The mounting success of the Harry Potter regime has been its cross-generational appeal, bringing not only little kids and their dragged-along parents, but droves of teenagers and 20-somethings who have followed the diet-fantasy series since its 1997 inception. Striking the balance between terrifying fandom and modest appreciation has been its golden ticket, giving its viewers and readers enough plot movement to distract from any overly complex lore that weighed down sci-fi giants like Dune or Lord of the Rings, which both had trouble getting the female demographic in theaters (the former’s film adaptation having trouble getting anyone in theaters, actually).
With Harry Potter monopolizing the cinema as usual, what alternatives do non-Potterist moviegoers have this summer in terms of light-hearted blockbusters?
Thor: Here’s an example of the perfect 21st century summer blockbuster: a good-looking no-name actor along with Hollywood’s current designated hitter Natalie Portman (OK, and the venerable Anthony Hopkins) for the masses, big time hype, comic book-based storyline to get the nerds out of their caves, and the requisite CGI show.
Captain America: The First Avenger: As its title suggests, this is only the first of possibly many Avengers movies to come from Jumanji director Joe Johnston and his newfound star Chris Evans, who was profiled in the New York Times recently for his anxiety surrounding the huge, seven-year contract he signed with Johnston. This movie made more than Deathly Hallows: Part 2 in its opening weekend gross, but it will be hard to see it come close to toppling Potter in overall box office revenue.
Pirates of the Caribbean: On Stranger Tides: Not sure what to say about this that would make someone who might not see it go see it, or vice versa. Ditto on Harry Potter and the Deathly Hallows: Part 2 and Transformers: The Dark of the Moon. These are all titles that require zero reviews, and to review them voluntarily with any sort of objective viewpoint is to throw oneself to the wolves.
The Hangover Part II: The increasingly oversold Zach Galifianakis and his crew of likable dipshits go Sex and the City 2 style and exploit the most disagreeable corners of a supremely un-American city (in this case it’s Bangkok instead of Abu Dhabi), making sure to do as little as possible to live up to the overrated original while retaining scraps of Judd Apatow’s know-it-all brand of comedy.

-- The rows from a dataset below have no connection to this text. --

-- ===== src/Correlation/Window.antt =====
-- What the parts of the scripts leave in the view, key by key.
use ai_cyber_threat_detector.Common.{
  ℕ, ◌+◌, ◌≡◌, false, some, List, ◌∷◌, String, ltb, str_eq, if◌then◌else◌, length, take, or_else,
  arith, eq_refl, eq_iff, ◌∙◌, Bool-cases, inl, inr,
}
use ai_cyber_threat_detector.Redis.{
  View, zinsert, zwithout, view_zadd, view_zpop, view_expire, view_lpush, view_ltrim, view_incr,
  view_set, tail_of,
}
use ai_cyber_threat_detector.Redis.Memory.{memory}
use ai_cyber_threat_detector.Correlation.Scripts.{
  Call, seen_key, count_key, arm, cap_seen, remember, push_alert, bump_count, note_max, max_seen,
}

module _ (k : String) (w : ℕ) (v : View) where
  lists-arm : (j : String) → (arm memory k w v).lists j ≡ v.lists j
  unfolding arm view_expire
  lists-arm j = ground arith

  zsets-arm : (j : String) → (arm memory k w v).zsets j ≡ v.zsets j
  unfolding arm view_expire
  zsets-arm j = ground arith

  nums-arm : (j : String) → (arm memory k w v).nums j ≡ v.nums j
  unfolding arm view_expire
  nums-arm j = ground arith

  -- an expiry that stands is not extended
  pub ttls-arm :
      (j : String)
      → (arm memory k w v).ttls j ≡ (if str_eq k j then some (or_else (v.ttls k) w) else v.ttls j)
  unfolding arm view_expire
  ttls-arm j = ground (arith, eq_iff k j)

  lists-cap_seen : (j : String) → (cap_seen memory k v).lists j ≡ v.lists j
  unfolding cap_seen view_zpop
  lists-cap_seen j = ground arith

  nums-cap_seen : (j : String) → (cap_seen memory k v).nums j ≡ v.nums j
  unfolding cap_seen view_zpop
  nums-cap_seen j = ground arith

  zsets-cap_seen :
      (cap_seen memory k v).zsets k
      ≡ (if ltb max_seen (length (v.zsets k)) then tail_of (v.zsets k) else v.zsets k)
  unfolding cap_seen view_zpop
  zsets-cap_seen = ground (arith, eq_refl k)

ruleset arm_laws = (lists-arm, zsets-arm, nums-arm, ttls-arm, eq_refl)

module _ (c : Call) (v : View) where
  pub lists-push_alert :
      (push_alert memory c v).lists c.key_name ≡ take 100 (c.alert_json ∷ v.lists c.key_name)
  unfolding push_alert view_lpush view_ltrim
  lists-push_alert = simp arm_laws

  pub lists-push_alert_at :
      (j : String)
      → (push_alert memory c v).lists j
        ≡ (if str_eq c.key_name j then take 100 (c.alert_json ∷ v.lists c.key_name) else v.lists j)
  unfolding push_alert view_lpush view_ltrim
  lists-push_alert_at j = elim (Bool-cases (str_eq c.key_name j)) [
    | inl e ↦ simp (arm_laws, e)
    | inr e ↦ simp (arm_laws, e)
  ]

  pub zsets-push_alert : (j : String) → (push_alert memory c v).zsets j ≡ v.zsets j
  unfolding push_alert view_lpush view_ltrim
  zsets-push_alert j = simp arm_laws

  pub nums-push_alert : (j : String) → (push_alert memory c v).nums j ≡ v.nums j
  unfolding push_alert view_lpush view_ltrim
  nums-push_alert j = simp arm_laws

  pub ttls-push_alert :
      (j : String)
      → (push_alert memory c v).ttls j
        ≡ (if str_eq c.key_name j then some (or_else (v.ttls c.key_name) c.window) else v.ttls j)
  unfolding push_alert view_lpush view_ltrim
  ttls-push_alert j = simp arm_laws

  pub lists-bump_count : (j : String) → (bump_count memory c v).lists j ≡ v.lists j
  unfolding bump_count view_incr
  lists-bump_count j = simp arm_laws

  pub zsets-bump_count : (j : String) → (bump_count memory c v).zsets j ≡ v.zsets j
  unfolding bump_count view_incr
  zsets-bump_count j = simp arm_laws

  pub nums-bump_count :
      (j : String)
      → (bump_count memory c v).nums j ≡ (
          if str_eq (count_key c.key_name) j
          then some (or_else (v.nums (count_key c.key_name)) 0 + 1)
          else v.nums j)
  unfolding bump_count view_incr
  nums-bump_count j = simp arm_laws

  pub ttls-bump_count :
      (j : String)
      → (bump_count memory c v).ttls j ≡ (
          if str_eq (count_key c.key_name) j
          then some (or_else (v.ttls (count_key c.key_name)) c.window)
          else v.ttls j)
  unfolding bump_count view_incr
  ttls-bump_count j = simp arm_laws

  pub lists-note_max : (j : String) → (note_max memory c v).lists j ≡ v.lists j
  unfolding note_max view_set
  lists-note_max j = ground arith

  pub zsets-note_max : (j : String) → (note_max memory c v).zsets j ≡ v.zsets j
  unfolding note_max view_set
  zsets-note_max j = ground arith

  abbrev added : View
  added = view_zadd (seen_key c.key_name) (length (v.zsets (seen_key c.key_name))) c.alert_id v

  pub lists-remember : (j : String) → (remember memory c v).lists j ≡ v.lists j
  unfolding remember view_zadd
  lists-remember j = lists-arm _ _ _ j ∙ lists-cap_seen _ c.window added j

  pub nums-remember : (j : String) → (remember memory c v).nums j ≡ v.nums j
  unfolding remember view_zadd
  nums-remember j = nums-arm _ _ _ j ∙ nums-cap_seen _ c.window added j

  -- the seen set once the id is in, before the cap
  abbrev pub seen_with : List (ℕ × String)
  seen_with =
      zinsert (length (v.zsets (seen_key c.key_name)), c.alert_id)
        (zwithout c.alert_id (v.zsets (seen_key c.key_name)))

  pub zsets-remember :
      (remember memory c v).zsets (seen_key c.key_name)
      ≡ (if ltb max_seen (length seen_with) then tail_of seen_with else seen_with)
  unfolding remember view_zadd
  zsets-remember = zsets-arm _ _ _ _ ∙ zsets-cap_seen _ c.window added ∙ simp eq_refl

  pub zsets-remember_at :
      (j : String)
      → str_eq (seen_key c.key_name) j ≡ false
      → (remember memory c v).zsets j ≡ v.zsets j
  unfolding remember view_zadd cap_seen view_zpop
  zsets-remember_at j h = zsets-arm _ _ _ _ ∙ ground arith
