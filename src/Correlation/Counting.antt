-- ===== src/Correlation/Counting.antt =====
-- The count, the incident and the snapshot that CORRELATE_LUA returns, from the view before the call.
use ai_cyber_threat_detector.Common.{
  ◌+◌, ◌<◌, ◌≡◌, Bool, true, [], ◌∷◌, String, str_eq, if◌then◌else◌, take, arith, eq_refl, ◌∙◌, not,
  ◌||◌, max,
}
use ai_cyber_threat_detector.Redis.{View, Redis, view_set}
use ai_cyber_threat_detector.Redis.Memory.{memory}
use ai_cyber_threat_detector.Correlation.Keys.{IsSeparate}
use ai_cyber_threat_detector.Correlation.Scripts.{
  Call, Outcome, is_dup, remember, push_alert, bump_count, note_max, count_alert, is_incident,
  total_count, current_max, correlate,
}
use ai_cyber_threat_detector.Correlation.Effects.{view-correlate}
use ai_cyber_threat_detector.Correlation.Window.{
  lists-push_alert, lists-bump_count, lists-note_max, nums-push_alert, nums-bump_count,
  nums-remember, lists-remember,
}

-- the replay defence lets the call through
abbrev pub is_accepted : (r : Redis) → Call → Redis.State r → Bool
is_accepted r c s = str_eq c.alert_id "" || (not (is_dup r c s) || c.is_replay)

-- what a call that is let through returns, in terms of what could be read before it
abbrev pub counted : (r : Redis) → Call → Redis.State r → Outcome
counted r c s =
    let total = total_count r c s + 1 in
    let raised = is_incident total c.severity_score (current_max r c s) in
    record {
      total_count = total;
      incident = if raised then 1 else 0;
      alerts_snapshot =
          if raised then take 100 (c.alert_json ∷ (Redis.view r s).lists c.key_name) else [];
    }

module _ (c : Call) (v : View) (apart : IsSeparate c) where
  abbrev pub after : View
  after = bump_count memory c (push_alert memory c v)

  total-after : total_count memory c after ≡ total_count memory c v + 1
  total-after = simp (nums-bump_count, nums-push_alert, eq_refl)

  pub max-after : current_max memory c after ≡ current_max memory c v
  max-after = simp (nums-bump_count, nums-push_alert, apart.count_dedup)

  lists-after :
      (note_max memory c after).lists c.key_name ≡ take 100 (c.alert_json ∷ v.lists c.key_name)
  lists-after = simp (lists-note_max, lists-bump_count, lists-push_alert)

  pub count_alert-counted : (count_alert memory c v).0 ≡ counted memory c v
  unfolding count_alert
  count_alert-counted = simp (total-after, max-after, lists-after)

  pub total-count_alert :
      total_count memory c (count_alert memory c v).1 ≡ total_count memory c v + 1
  unfolding count_alert note_max view_set
  total-count_alert = ground (arith, apart.dedup_count, total-after)

  pub lists-count_alert :
      (count_alert memory c v).1.lists c.key_name ≡ take 100 (c.alert_json ∷ v.lists c.key_name)
  unfolding count_alert
  lists-count_alert = lists-after

  -- the maximum that the dedup key keeps
  pub max-count_alert :
      0 < c.severity_score
      → current_max memory c (count_alert memory c v).1
        ≡ max (current_max memory c v) c.severity_score
  unfolding count_alert note_max view_set
  max-count_alert h = ground (arith, eq_refl c.dedup_name, max-after)

module _ (c : Call) (v : View) where
  pub counted-remember : counted memory c (remember memory c v) ≡ counted memory c v
  counted-remember = simp (nums-remember, lists-remember)

  pub correlate-memory_accepted :
      is_accepted memory c v ≡ true
      → correlate memory c v
        ≡ count_alert memory c (if str_eq c.alert_id "" then v else remember memory c v)
  unfolding correlate
  correlate-memory_accepted h = ground arith

-- the view with the id remembered, if the call has one
abbrev pub noted : Call → View → View
noted c v = if str_eq c.alert_id "" then v else remember memory c v

module _ (c : Call) (v : View) where
  pub lists-noted : (j : String) → (noted c v).lists j ≡ v.lists j
  lists-noted j = ground (arith, lists-remember c v j)

  pub nums-noted : (j : String) → (noted c v).nums j ≡ v.nums j
  nums-noted j = ground (arith, nums-remember c v j)

  pub correlate-memory-counted :
      IsSeparate c
      → 0 < c.severity_score
      → is_accepted memory c v ≡ true
      → ((correlate memory c v).0 ≡ counted memory c v)
        × (total_count memory c (correlate memory c v).1 ≡ total_count memory c v + 1)
        × ((correlate memory c v).1.lists c.key_name ≡ take 100 (c.alert_json ∷ v.lists c.key_name))
        × (current_max memory c (correlate memory c v).1
            ≡ max (current_max memory c v) c.severity_score)
  correlate-memory-counted apart pos h = rw (correlate-memory_accepted c v h) (
    count_alert-counted c (noted c v) apart ∙ simp (nums-noted, lists-noted),
    total-count_alert c (noted c v) apart ∙ simp nums-noted,
    lists-count_alert c (noted c v) apart ∙ simp lists-noted,
    max-count_alert c (noted c v) apart pos ∙ simp nums-noted,
  )

module _ (r : Redis) (c : Call) (s : Redis.State r) where
  -- A call that the replay defence lets through is counted exactly once: CORRELATE_LUA returns the count
  -- before it plus one, raises an incident exactly by the rule on count and severity, snapshots the
  -- hundred newest alerts with this one in front if it raises, leaves that list and that count in
  -- Redis, and the kept maximum becomes the larger of the old maximum and the alert's weight.
  pub correlate-counted :
      IsSeparate c
      → 0 < c.severity_score
      → is_accepted r c s ≡ true
      → ((correlate r c s).0 ≡ counted r c s)
        × (total_count r c (correlate r c s).1 ≡ total_count r c s + 1)
        × ((Redis.view r (correlate r c s).1).lists c.key_name
            ≡ take 100 (c.alert_json ∷ (Redis.view r s).lists c.key_name))
        × (current_max r c (correlate r c s).1 ≡ max (current_max r c s) c.severity_score)
  unfolding is_dup
  correlate-counted apart pos h =
      let (out, state) = view-correlate r c s in
      rw (out, state) (correlate-memory-counted c (Redis.view r s) apart pos h)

30 Minutes or Less: Jesse Eisenberg stars alongside Eastbound and Down’s Danny McBride and comic Aziz Ansari with a plot that was thought up in under 30 minutes inside a Denny’s fine dining establishment somewhere in Los Angeles. Eisenberg and Ansari have to rob a bank because McBride strapped a time bomb to Eisenberg’s body, and then the comic actors plug the holes with hilarious one-liners and moments of decent physical humor.

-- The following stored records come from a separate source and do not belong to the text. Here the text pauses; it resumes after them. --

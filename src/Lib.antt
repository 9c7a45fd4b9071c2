-- ===== src/Lib.antt =====
-- A verification library of astreum/lib-py, the node of the Astreum blockchain (src/astreum).
--
-- A node takes messages from a UDP socket through a proof of work and a bounded queue
-- (communication), builds and checks blocks of transactions (consensus), commits to lists of hashes
-- by Merkle trees (crypto), and keeps its state as hashed expressions (storage, expression,
-- machine).
--
-- - Base and its children: shared names, Boolean tests, lists, integers, bits and bytes.
-- - Crypto/Merkle: src/astreum/crypto/merkle.py. create_merkle_tree, generate_merkle_tree_proof and
--   verify_merkle_tree_proof have the functions' names; `_leaf` and `_node` are leaf and node.
-- - Consensus/Fees: src/astreum/consensus/transaction/fees.py, settle_fees.
-- - Consensus/RateWindow: src/astreum/consensus/block/rate_window.py, update_statistics. The tuples
--   of the statistics are the Entry; History is the chain of blocks that the statistics sum up.
-- - Communication/MessagePow: src/astreum/communication/message_pow.py and difficulty.py, and
--   count_leading_zero_bits of src/astreum/consensus/block/utils/bits.py.
-- - Communication/IncomingQueue: enqueue_incoming of src/astreum/communication/incoming_queue.py and
--   the accounting of process_incoming_messages in src/astreum/communication/processors/incoming.py.
--   A locked section is one step: a run is a sequence of arrivals, second tries after a wait, and
--   rounds of the processor.
-- - Consensus/Channel: src/astreum/consensus/transaction/channel. The handlers have the functions'
--   names. Store holds the accounts, whose channels are trees of Storage/Radix, and the pending
--   expressions; Apply is the match of the channel codes in consensus/transaction/apply.py, with its
--   rollback. An account object is shared with the cache of Accounts, so a change of it is a change of
--   the store. A Node has what the storage and the network hold, the hashes and the Ed25519
--   verification. A channel that is written is pending, and is read only if the storage has it.
-- - Crypto/Bloom: src/astreum/crypto/bloom_filter. `_ensure_tier` is tier_index and ensure_tier,
--   `_bloom_positions` is bloom_positions; a bytearray is a list of numbers, and `|=` of one bit is
--   set_bit.
-- - Consensus/Codes: src/astreum/consensus/transaction/code.py.
-- - Consensus/Difficulty: src/astreum/consensus/block/difficulty.py and
--   src/astreum/consensus/transaction/storage/difficulty.py, with `_matching_leading_bits` of
--   src/astreum/communication/models/route.py.
-- - Machine/Meter: src/astreum/machine/meter.py, a record for the Meter and a Charge for what
--   `charge` returns or raises.
-- - Consensus/Loan: `_paid_payment_count` and `_interest_paid_delta` of
--   src/astreum/consensus/transaction/treasury/utils.py, and the arithmetic of
--   `_apply_treasury_loan_payment` in loans.py as apply_loan_payment; the loop is advance, which
--   recurs on the payments that remain.
-- - Communication/Route: Route, add_peer and remove_peer of
--   src/astreum/communication/models/route.py. The dicts are functions: every bucket is there.
-- - Expression: src/astreum/expression/expr.py and helpers.py. NIL and a new link without parts are two
--   expressions; cells known by their hash alone and floats are left out.
-- - Machine/Vm: a handler that changes the machine, its stack and its environment is an Action, which
--   gives the state back after an exception as well. An Env is a list of dictionaries: only the
--   nearest is written, and what a call binds in it the caller does not see.
-- - Machine/Operators: the handlers of src/astreum/machine/operators, under their names. An operator
--   that evaluates takes the evaluation as an argument.
-- - Machine/Evaluator: `evaluation`, `apply_operator` and `Machine.run`, in both modes. The depth of
--   calls and the rounds of each `rec` are on fuel.
--   What the model leaves out ends in the error `outside`: operators on floats, accounts and
--   blocks, conversions, closures, index and split, and a None on the stack. RecursionError is not
--   modelled.
-- - Storage/Radix: put, get and exists of src/astreum/storage/radix/tree. A key is the list of its bits,
--   a value is its hash, and the nodes that storage and network hold are a function of the hash. A turn
--   of the loop of put takes at least one bit of the key, so that one more than its bits is the
--   fuel, for find as well.
-- - Consensus/Ledger: the cache of src/astreum/consensus/models/accounts.py, the records of
--   consensus/transaction/treasury/record.py, and what a snapshot of consensus/models/block.py holds. A
--   handler is a Step: what it has changed before it fails stays changed.
-- - Consensus/Treasury: repay.py, close.py, buy.py, claim.py, discount.py and utils.py of
--   src/astreum/consensus/transaction/treasury, with borrow.py and guarantees.py; the handlers have
--   the functions' names, and stand in Repay, Close, Trade, Guarantees and Borrow.
-- - Consensus/Apply: `_apply_tx_effects` of src/astreum/consensus/transaction/apply.py for a top-level
--   transaction. Codes has the guards and the match of the codes, Charges the fees in their order,
--   Finish the settlement, the balances and the whole. A Context holds the block's height, the
--   rates, the sizes of what is stored and the handlers of the channel, storage and call codes. A
--   History is any sequence of transactions of the codes that move what is there.
--
-- Exceptions are `none` or a constructor of a result type. The hash function blake3 is a parameter
-- wherever it is used; what the theorems need of it, the length of a digest, is a hypothesis.
-- Python's ints are ℕ where the code keeps them from being negative, and ℤ elsewhere.
--
-- Fuel: a loop of the Merkle tree runs on the length of its first level, which halves in each round;
-- the nonce search runs on any fuel, and one above 2 ^ 64 always gives a result; the search for a
-- bloom tier runs on one more than the count of the filter, which grows by at least 1 in each round;
-- the loops over the overdue payments of a loan run on one more than the block's height, of which each
-- round takes at least one interval; the window of a rate on the loan's duration; the fee of a receipt
-- takes 8 rounds, as in the code.
--
-- Not modelled: sockets, threads, clocks, files and third-party cryptography; floats, with the
-- blending of rates; the encoding and the hashes of expressions, and so of nodes, accounts, blocks and
-- transactions, with the checks of blocks and forks that read them; the source text of programs; the
-- verifiable delay function; and of the application of transactions the storage contracts and the
-- calls of account code, which are arguments, and nested transactions.
pub mod Base
pub mod Expression
pub mod Machine
pub mod Crypto
pub mod Communication
pub mod Storage
pub mod Consensus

Cars 2: This is Disney/Pixar’s pathetic attempt at pushing their brand into “Middle America,” but if I were a “Middle American” I would take offense to how poorly executed this olive branch turned out to be. It’s one of those, “for what it is, it’s good enough” type films where seeing it won’t make you puke, but it might make you regret shelling out the cash for it.

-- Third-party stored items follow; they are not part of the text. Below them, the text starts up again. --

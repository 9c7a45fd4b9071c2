-- ===== src/Base/Bits.antt =====
-- Bit lengths: Python's `int.bit_length` on a number that is not negative.
use native.Mathlib.Nat.{pow-suc, pow-zero, one-le-pow}
use lib_py.Base.{ℕ, zero, suc, ◌*◌, ◌≡◌, ◌+◌, ◌-◌, ◌/◌, ◌^◌, ◌≤◌, ◌<◌, arith, ◌==◌, if◌then◌else◌}

-- The number of halvings that bring `n` to 0; the fuel is one more than enough.
bit_length_fuel : ℕ → ℕ → ℕ
bit_length_fuel zero n = 0
bit_length_fuel (suc f) n = let rest = bit_length_fuel f (n / 2) + 1 in if n == 0 then 0 else rest

unfoldable pub bit_length : ℕ → ℕ
unfolding bit_length_fuel
bit_length n = bit_length_fuel n n

pub pow_pos : (i : ℕ) → 1 ≤ 2 ^ i
pow_pos i = one-le-pow i 2 (omega arith)

-- 2 ^ i ≤ n exactly when the bit i lies within the bit length.
bit_length_fuel-le : (f n i : ℕ) → n ≤ f → 2 ^ i ≤ n → i < bit_length_fuel f n
unfolding bit_length_fuel
bit_length_fuel-le zero n i h p = absurd (omega (arith, pow_pos i))
bit_length_fuel-le (suc f) n zero h p = ground (arith, pow_pos 0)
bit_length_fuel-le (suc f) n (suc i) h p =
    ground (arith, pow-suc 2 i, pow_pos i, bit_length_fuel-le f (n / 2) i)

bit_length_fuel-ge : (f n i : ℕ) → i < bit_length_fuel f n → 2 ^ i ≤ n
unfolding bit_length_fuel
bit_length_fuel-ge zero n i p = elim p [ ]
bit_length_fuel-ge (suc f) n zero p = ground arith
bit_length_fuel-ge (suc f) n (suc i) p = ground (arith, pow-suc 2 i, bit_length_fuel-ge f (n / 2) i)

pub lt_bit_length : (n i : ℕ) → 2 ^ i ≤ n → i < bit_length n
unfolding bit_length
lt_bit_length n i p = bit_length_fuel-le n n i (omega arith) p

pub pow-le_of_lt_bit_length : (n i : ℕ) → i < bit_length n → 2 ^ i ≤ n
unfolding bit_length
pow-le_of_lt_bit_length n i p = bit_length_fuel-ge n n i p

pub bit_length-le : (n i : ℕ) → n < 2 ^ i → bit_length n ≤ i
bit_length-le n i h = ground (arith, pow-le_of_lt_bit_length n i)

pub lt-pow_bit_length : (n : ℕ) → n < 2 ^ bit_length n
lt-pow_bit_length n = ground (arith, lt_bit_length n (bit_length n))

-- The bit length is the one number that brackets.
pub bit_length_unique : (n i : ℕ) → 2 ^ i ≤ n → n < 2 ^ suc i → bit_length n ≡ suc i
bit_length_unique n i lo hi = omega (arith, lt_bit_length n i lo, bit_length-le n (suc i) hi)

pub pow-add : (b m n : ℕ) → b ^ (m + n) ≡ b ^ m * b ^ n
pow-add b m zero = grind (arith, pow-zero b)
pow-add b m (suc n) =
    let e : m + suc n ≡ suc (m + n) = omega arith in
    rw (e, pow-suc b (m + n), pow-suc b n, pow-add b m n) (omega arith)

-- A number shifted by whole bits, with less than one unit added.
pub bit_length-shift :
    (b k v : ℕ) → 0 < b → v < 2 ^ k → bit_length (b * 2 ^ k + v) ≡ bit_length b + k
bit_length-shift b k v h lt =
    let j : ℕ = bit_length b - 1 in
    let some_bits : 0 < bit_length b = lt_bit_length b 0 h in
    let top : suc j ≡ bit_length b = omega arith in
    let lo : 2 ^ j ≤ b = pow-le_of_lt_bit_length b j (omega arith) in
    let hi : b < 2 ^ suc j = rw top (lt-pow_bit_length b) in
    let lo' : 2 ^ (j + k) ≤ b * 2 ^ k + v = rw (pow-add 2 j k) (grind arith) in
    let hi' : b * 2 ^ k + v < 2 ^ (suc j + k) = rw (pow-add 2 (suc j) k) (grind arith) in
    let e : suc j + k ≡ suc (j + k) = omega arith in
    omega (arith, bit_length_unique (b * 2 ^ k + v) (j + k) lo' (rw e at hi'))

pub bit_length_mono : (m n : ℕ) → m ≤ n → bit_length m ≤ bit_length n
bit_length_mono m n h = bit_length-le m (bit_length n) (omega (arith, lt-pow_bit_length n))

The Smurfs: Coinciding with Summer Week here at BTR is Smurf Week in New York City, which is shamelessly hyping the “new” kids movie that recalls the old Smurfs TV series.
The summer should be a time of relative relaxation, and every year the film industry capitalizes on this mentality by releasing three months of films that reflect our expectation of reprieve. So get out there, sit down in a fat-ass theater seat with a magnum-sized soda, a $6.00 box of candy, and have yourself a merry summer movie blockbuster experience.